WHAT TO DO: Tally how many lines in the data below include "where", then please reply with only that figure.
───── WORKING DATA
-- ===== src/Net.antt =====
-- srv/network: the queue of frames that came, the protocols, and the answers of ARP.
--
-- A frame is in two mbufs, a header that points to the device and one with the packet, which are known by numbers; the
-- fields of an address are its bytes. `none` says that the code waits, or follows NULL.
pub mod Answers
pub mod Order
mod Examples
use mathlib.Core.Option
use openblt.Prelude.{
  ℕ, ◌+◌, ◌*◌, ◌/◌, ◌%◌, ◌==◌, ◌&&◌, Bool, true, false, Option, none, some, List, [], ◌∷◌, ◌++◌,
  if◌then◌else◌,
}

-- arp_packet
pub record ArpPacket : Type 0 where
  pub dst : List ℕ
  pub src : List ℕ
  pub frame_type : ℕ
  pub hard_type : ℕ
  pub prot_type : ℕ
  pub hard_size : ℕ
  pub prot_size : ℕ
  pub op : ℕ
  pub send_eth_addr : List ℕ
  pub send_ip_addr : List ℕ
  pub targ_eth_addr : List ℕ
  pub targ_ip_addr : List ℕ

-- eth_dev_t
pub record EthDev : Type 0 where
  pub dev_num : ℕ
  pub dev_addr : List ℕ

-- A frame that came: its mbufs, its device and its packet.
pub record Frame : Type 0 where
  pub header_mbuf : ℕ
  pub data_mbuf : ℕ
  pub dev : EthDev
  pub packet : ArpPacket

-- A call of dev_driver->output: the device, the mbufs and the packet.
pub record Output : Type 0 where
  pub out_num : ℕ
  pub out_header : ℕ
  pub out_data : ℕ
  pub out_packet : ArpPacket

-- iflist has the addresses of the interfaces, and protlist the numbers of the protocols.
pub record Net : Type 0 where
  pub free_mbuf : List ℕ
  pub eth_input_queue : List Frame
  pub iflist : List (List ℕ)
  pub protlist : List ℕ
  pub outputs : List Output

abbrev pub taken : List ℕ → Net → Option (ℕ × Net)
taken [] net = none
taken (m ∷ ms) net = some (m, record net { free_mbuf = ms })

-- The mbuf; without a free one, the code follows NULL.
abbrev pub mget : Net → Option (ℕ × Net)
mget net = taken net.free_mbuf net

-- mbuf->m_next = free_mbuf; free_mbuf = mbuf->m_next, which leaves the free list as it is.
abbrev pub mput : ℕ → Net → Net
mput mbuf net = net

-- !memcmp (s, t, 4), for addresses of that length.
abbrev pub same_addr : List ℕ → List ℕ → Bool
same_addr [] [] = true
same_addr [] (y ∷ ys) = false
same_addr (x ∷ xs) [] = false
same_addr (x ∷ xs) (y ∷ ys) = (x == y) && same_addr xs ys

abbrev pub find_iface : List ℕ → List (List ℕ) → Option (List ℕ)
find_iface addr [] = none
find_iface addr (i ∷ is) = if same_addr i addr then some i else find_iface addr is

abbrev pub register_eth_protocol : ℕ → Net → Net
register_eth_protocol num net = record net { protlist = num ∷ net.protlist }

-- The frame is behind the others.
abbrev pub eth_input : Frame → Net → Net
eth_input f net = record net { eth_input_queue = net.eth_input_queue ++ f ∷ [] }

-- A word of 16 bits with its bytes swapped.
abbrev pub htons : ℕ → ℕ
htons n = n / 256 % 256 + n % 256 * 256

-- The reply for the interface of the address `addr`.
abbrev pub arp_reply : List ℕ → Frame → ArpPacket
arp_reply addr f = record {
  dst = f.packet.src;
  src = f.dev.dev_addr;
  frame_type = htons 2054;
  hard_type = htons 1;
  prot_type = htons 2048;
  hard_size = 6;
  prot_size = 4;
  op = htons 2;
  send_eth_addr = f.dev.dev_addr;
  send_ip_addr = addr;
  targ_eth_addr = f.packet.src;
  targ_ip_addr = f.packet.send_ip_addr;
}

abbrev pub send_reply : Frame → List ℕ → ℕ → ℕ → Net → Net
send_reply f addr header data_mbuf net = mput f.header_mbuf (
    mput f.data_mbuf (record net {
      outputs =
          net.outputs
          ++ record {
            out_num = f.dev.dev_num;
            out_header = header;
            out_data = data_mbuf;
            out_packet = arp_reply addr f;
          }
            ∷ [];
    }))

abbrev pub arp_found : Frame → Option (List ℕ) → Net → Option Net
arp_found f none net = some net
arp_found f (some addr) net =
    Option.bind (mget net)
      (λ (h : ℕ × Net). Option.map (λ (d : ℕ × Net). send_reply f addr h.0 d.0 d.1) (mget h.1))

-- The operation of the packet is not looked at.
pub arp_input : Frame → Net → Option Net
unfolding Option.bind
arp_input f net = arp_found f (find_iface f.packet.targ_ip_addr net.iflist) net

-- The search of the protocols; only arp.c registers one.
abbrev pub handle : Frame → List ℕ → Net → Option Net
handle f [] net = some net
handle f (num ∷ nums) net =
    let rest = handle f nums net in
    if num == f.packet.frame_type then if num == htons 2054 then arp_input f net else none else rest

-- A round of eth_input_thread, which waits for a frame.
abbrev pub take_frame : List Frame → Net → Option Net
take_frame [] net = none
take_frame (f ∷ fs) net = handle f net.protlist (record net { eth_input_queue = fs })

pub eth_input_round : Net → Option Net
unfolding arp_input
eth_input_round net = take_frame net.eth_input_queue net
──────────
RESULT: 5